*** Supplied material ***

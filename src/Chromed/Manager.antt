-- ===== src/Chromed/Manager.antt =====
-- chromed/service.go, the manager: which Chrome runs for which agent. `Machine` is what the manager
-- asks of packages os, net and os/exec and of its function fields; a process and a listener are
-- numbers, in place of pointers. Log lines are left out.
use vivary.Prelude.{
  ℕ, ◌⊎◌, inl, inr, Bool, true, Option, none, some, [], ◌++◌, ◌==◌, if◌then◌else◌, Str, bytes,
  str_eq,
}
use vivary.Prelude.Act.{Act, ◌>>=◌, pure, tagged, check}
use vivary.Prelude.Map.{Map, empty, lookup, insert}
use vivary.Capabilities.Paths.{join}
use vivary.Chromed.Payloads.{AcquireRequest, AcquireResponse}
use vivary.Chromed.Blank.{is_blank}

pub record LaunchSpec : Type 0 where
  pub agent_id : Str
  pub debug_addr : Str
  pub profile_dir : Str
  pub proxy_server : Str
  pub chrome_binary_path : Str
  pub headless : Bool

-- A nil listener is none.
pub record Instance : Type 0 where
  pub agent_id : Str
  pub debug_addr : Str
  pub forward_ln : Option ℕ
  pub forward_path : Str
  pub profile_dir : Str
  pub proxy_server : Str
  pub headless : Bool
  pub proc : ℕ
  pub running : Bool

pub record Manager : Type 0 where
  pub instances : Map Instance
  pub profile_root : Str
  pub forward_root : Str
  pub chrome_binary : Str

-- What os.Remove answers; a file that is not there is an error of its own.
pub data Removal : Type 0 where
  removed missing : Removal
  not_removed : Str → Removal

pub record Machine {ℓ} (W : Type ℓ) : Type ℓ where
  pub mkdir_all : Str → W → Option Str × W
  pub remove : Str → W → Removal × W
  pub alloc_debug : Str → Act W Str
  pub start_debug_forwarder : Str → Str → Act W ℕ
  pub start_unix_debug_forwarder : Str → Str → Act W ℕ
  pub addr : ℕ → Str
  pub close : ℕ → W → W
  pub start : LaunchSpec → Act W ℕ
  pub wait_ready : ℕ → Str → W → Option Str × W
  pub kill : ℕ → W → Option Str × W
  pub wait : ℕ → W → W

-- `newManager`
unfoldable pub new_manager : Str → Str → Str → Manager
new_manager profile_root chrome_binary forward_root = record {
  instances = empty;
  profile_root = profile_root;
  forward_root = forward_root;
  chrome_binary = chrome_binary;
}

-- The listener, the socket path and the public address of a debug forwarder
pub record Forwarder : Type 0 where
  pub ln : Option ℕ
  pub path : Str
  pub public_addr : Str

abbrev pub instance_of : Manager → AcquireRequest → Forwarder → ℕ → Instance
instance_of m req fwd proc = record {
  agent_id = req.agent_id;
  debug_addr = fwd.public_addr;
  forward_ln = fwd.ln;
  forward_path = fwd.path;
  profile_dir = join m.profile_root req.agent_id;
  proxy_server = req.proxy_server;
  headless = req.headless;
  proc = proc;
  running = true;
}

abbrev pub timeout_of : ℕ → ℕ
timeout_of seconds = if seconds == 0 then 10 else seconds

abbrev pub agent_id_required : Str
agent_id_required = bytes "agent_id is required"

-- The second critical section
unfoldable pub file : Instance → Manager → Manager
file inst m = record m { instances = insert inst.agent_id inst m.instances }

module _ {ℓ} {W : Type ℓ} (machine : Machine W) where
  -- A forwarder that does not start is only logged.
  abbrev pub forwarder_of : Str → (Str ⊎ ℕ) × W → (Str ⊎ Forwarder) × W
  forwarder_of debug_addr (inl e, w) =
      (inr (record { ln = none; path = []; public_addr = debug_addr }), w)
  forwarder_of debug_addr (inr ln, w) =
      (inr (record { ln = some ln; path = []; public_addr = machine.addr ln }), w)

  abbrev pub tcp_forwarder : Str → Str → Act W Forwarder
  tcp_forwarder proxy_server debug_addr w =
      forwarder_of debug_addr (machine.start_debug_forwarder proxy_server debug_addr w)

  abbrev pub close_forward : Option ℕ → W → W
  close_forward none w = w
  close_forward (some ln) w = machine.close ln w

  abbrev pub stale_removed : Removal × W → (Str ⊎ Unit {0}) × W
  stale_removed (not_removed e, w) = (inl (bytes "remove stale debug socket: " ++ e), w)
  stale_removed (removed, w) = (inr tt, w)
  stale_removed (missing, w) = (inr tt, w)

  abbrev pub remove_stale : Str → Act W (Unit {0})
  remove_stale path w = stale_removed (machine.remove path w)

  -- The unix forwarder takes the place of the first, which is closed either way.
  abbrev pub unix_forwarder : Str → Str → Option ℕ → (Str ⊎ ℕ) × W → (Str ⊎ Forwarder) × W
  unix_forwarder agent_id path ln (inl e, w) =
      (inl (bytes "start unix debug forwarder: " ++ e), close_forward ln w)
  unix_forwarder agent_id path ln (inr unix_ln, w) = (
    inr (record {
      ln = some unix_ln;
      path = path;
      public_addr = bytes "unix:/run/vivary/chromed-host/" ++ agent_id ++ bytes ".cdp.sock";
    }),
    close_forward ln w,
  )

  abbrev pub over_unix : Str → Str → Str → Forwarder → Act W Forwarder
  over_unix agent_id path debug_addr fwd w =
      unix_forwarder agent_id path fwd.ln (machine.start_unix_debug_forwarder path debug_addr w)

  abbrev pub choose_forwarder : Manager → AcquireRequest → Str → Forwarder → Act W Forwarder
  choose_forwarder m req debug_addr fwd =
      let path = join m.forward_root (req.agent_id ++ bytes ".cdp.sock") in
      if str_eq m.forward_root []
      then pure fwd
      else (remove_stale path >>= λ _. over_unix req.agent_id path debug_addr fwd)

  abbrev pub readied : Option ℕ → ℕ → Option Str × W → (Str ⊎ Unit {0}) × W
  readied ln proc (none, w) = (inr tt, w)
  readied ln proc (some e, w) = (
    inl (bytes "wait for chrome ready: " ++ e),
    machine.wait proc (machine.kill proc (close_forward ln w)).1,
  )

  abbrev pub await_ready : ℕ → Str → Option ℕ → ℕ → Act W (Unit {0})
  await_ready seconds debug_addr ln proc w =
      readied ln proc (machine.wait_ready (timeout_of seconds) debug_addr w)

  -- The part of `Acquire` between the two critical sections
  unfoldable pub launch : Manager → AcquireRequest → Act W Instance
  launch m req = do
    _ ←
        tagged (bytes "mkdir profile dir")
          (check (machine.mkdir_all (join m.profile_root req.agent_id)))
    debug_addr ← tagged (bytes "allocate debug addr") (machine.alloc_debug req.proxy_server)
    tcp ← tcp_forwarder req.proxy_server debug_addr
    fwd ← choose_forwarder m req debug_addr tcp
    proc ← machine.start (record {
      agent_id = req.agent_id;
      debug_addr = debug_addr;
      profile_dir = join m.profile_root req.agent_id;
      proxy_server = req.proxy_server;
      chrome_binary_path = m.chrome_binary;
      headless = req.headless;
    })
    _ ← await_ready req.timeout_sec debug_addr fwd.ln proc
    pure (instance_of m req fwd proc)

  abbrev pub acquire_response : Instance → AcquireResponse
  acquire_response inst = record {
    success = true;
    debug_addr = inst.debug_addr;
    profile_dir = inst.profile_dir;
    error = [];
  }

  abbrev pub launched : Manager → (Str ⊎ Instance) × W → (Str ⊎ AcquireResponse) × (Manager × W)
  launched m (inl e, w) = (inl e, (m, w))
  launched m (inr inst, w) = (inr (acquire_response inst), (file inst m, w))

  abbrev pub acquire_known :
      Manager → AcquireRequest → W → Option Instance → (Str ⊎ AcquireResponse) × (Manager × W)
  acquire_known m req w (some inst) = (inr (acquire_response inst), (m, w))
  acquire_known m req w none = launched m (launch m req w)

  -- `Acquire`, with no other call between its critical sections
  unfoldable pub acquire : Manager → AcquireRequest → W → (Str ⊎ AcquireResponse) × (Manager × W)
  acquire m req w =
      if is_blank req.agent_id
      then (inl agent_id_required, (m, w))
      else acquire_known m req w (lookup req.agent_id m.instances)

*** End of Supplied material ***

◆ What the task requires ◆
Above are the records. Print exactly, and only, the lines from the line with "chrome_binary = chrome_binary;" to the line with "public_addr = debug_addr", both inclusive.

◆ Response ◆
  chrome_binary = chrome_binary;
}

-- The listener, the socket path and the public address of a debug forwarder
pub record Forwarder : Type 0 where
  pub ln : Option ℕ
  pub path : Str
  pub public_addr : Str

abbrev pub instance_of : Manager → AcquireRequest → Forwarder → ℕ → Instance
instance_of m req fwd proc = record {
  agent_id = req.agent_id;
  debug_addr = fwd.public_addr;
  forward_ln = fwd.ln;
  forward_path = fwd.path;
  profile_dir = join m.profile_root req.agent_id;
  proxy_server = req.proxy_server;
  headless = req.headless;
  proc = proc;
  running = true;
}

abbrev pub timeout_of : ℕ → ℕ
timeout_of seconds = if seconds == 0 then 10 else seconds

abbrev pub agent_id_required : Str
agent_id_required = bytes "agent_id is required"

-- The second critical section
unfoldable pub file : Instance → Manager → Manager
file inst m = record m { instances = insert inst.agent_id inst m.instances }

module _ {ℓ} {W : Type ℓ} (machine : Machine W) where
  -- A forwarder that does not start is only logged.
  abbrev pub forwarder_of : Str → (Str ⊎ ℕ) × W → (Str ⊎ Forwarder) × W
  forwarder_of debug_addr (inl e, w) =
      (inr (record { ln = none; path = []; public_addr = debug_addr }), w)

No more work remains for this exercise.